* [ABOUT THIS TASK]: Using the records below, find how many lines hold the word "some" and reply with only that number.

START DATASET EXTRACT

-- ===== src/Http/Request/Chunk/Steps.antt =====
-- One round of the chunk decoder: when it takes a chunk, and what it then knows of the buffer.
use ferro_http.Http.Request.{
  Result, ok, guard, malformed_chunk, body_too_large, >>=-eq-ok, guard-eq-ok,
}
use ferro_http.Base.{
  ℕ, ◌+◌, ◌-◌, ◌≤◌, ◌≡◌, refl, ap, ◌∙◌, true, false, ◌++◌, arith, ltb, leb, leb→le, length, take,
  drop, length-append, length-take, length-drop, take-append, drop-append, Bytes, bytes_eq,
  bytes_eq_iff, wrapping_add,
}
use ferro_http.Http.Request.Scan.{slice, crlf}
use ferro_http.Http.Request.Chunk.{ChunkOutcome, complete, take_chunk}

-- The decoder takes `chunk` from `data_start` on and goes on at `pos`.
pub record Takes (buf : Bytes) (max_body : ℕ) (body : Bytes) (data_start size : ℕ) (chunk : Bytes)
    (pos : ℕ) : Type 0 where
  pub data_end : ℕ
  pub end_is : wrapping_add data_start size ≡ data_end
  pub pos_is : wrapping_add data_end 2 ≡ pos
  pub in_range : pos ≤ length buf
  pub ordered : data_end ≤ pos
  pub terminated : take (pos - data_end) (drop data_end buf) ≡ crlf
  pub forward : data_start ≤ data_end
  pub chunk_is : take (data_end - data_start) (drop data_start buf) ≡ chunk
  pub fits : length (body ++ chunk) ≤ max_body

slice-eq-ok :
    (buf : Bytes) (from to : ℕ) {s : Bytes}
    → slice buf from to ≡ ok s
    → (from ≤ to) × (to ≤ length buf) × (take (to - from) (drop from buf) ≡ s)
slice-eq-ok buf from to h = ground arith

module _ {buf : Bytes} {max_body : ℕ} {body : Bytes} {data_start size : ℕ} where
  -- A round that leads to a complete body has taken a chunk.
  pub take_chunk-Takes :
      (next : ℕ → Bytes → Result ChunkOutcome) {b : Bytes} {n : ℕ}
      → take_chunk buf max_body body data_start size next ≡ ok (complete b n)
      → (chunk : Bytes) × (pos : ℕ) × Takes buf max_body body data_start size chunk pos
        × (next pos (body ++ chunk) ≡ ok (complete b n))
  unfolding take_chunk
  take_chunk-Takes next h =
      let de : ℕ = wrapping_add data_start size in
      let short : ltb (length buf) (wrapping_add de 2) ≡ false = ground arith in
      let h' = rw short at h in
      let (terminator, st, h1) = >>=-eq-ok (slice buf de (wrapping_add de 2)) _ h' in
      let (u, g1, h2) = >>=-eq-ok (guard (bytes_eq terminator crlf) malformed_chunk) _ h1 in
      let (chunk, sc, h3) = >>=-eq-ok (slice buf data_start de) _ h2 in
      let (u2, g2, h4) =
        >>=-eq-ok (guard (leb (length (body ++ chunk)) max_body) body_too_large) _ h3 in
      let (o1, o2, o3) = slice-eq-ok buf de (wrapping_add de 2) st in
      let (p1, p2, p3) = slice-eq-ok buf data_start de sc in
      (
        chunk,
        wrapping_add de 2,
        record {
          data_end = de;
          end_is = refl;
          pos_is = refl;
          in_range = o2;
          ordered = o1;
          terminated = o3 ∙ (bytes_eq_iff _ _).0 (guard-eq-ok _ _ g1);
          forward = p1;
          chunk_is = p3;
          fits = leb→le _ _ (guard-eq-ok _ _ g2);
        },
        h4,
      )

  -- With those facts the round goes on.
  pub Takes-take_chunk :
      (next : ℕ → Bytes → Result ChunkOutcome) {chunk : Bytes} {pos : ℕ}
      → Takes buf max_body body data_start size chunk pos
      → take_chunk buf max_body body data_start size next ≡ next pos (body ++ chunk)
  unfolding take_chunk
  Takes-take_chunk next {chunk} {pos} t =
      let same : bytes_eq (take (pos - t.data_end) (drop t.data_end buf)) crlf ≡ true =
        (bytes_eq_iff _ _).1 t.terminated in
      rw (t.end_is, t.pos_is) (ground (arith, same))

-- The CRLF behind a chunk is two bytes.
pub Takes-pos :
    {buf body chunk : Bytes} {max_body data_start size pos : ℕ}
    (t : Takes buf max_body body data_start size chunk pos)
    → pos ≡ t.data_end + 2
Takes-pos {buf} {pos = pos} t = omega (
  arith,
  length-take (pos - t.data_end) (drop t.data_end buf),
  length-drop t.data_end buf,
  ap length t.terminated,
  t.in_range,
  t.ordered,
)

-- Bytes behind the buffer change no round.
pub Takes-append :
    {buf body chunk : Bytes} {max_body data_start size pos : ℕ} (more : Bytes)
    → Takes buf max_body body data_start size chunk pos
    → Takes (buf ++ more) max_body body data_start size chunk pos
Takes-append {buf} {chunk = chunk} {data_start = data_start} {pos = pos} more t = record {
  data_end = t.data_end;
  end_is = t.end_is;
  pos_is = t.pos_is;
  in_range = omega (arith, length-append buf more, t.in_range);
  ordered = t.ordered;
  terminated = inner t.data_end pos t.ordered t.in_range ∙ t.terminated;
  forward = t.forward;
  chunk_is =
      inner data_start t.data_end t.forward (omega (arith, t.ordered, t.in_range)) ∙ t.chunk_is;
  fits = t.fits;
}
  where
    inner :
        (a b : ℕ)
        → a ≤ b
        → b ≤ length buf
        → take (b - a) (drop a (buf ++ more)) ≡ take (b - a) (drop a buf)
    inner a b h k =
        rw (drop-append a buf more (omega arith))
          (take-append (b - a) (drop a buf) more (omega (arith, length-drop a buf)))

END DATASET EXTRACT
START DATASET EXTRACT

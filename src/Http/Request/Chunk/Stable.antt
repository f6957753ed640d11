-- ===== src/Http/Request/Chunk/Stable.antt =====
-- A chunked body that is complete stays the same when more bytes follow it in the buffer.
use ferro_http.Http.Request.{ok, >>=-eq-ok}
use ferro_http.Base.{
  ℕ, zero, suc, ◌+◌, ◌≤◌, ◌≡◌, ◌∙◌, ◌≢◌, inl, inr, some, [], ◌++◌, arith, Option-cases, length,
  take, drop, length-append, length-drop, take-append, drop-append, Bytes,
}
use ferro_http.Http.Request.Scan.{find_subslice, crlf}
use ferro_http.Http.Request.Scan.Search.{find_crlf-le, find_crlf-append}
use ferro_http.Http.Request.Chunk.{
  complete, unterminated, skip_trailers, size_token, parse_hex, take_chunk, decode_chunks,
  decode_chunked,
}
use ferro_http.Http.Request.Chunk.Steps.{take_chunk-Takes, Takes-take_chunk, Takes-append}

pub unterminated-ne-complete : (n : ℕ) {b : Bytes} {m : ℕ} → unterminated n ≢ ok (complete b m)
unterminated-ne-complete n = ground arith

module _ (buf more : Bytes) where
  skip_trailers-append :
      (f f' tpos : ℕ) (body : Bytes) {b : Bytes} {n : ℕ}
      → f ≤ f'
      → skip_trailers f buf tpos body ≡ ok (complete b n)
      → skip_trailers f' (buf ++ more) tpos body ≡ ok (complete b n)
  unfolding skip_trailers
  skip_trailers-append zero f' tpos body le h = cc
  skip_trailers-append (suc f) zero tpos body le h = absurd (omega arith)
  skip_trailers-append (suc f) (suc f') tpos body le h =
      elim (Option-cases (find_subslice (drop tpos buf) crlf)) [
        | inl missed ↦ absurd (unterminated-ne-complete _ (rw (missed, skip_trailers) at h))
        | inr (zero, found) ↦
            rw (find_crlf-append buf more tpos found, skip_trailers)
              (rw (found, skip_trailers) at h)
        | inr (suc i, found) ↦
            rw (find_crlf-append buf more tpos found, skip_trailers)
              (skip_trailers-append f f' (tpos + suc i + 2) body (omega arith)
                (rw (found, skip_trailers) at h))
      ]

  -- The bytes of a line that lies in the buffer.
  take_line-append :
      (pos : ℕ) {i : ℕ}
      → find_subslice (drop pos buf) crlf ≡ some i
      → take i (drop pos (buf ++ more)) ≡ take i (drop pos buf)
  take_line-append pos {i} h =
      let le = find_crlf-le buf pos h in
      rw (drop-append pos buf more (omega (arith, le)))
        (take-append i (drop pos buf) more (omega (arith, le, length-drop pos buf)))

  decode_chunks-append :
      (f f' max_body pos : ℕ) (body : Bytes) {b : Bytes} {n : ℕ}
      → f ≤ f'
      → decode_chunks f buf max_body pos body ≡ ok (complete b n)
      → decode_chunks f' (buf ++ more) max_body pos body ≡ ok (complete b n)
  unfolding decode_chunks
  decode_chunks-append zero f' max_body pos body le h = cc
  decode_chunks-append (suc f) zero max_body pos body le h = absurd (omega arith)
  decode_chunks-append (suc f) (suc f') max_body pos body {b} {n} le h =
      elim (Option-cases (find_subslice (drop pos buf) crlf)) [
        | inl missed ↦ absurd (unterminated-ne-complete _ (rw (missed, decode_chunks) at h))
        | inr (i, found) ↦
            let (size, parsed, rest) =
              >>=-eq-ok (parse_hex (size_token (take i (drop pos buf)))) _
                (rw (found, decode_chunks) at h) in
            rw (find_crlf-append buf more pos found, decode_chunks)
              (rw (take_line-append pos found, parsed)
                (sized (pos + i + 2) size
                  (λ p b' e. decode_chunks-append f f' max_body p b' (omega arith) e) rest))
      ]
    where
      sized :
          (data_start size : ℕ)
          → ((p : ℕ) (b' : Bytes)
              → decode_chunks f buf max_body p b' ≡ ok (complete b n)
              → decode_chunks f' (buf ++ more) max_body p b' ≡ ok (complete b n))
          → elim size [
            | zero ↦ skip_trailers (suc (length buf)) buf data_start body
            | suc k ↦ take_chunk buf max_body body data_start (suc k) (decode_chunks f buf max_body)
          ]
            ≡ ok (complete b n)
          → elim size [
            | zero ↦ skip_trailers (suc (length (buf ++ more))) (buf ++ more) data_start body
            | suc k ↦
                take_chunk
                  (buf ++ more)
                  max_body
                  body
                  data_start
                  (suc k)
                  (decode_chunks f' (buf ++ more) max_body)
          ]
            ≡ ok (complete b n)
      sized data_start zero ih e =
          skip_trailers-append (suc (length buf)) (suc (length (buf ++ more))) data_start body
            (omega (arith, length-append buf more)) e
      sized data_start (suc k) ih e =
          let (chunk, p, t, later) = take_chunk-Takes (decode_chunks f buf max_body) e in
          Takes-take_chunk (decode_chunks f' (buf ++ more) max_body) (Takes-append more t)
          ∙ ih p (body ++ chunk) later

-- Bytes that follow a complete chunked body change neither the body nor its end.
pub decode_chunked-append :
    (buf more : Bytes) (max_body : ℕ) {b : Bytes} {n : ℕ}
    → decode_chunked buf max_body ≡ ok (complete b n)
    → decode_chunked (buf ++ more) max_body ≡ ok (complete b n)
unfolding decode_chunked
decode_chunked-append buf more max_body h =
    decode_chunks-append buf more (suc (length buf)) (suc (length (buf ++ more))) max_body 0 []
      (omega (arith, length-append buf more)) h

END DATASET EXTRACT

* [OUTPUT]: 2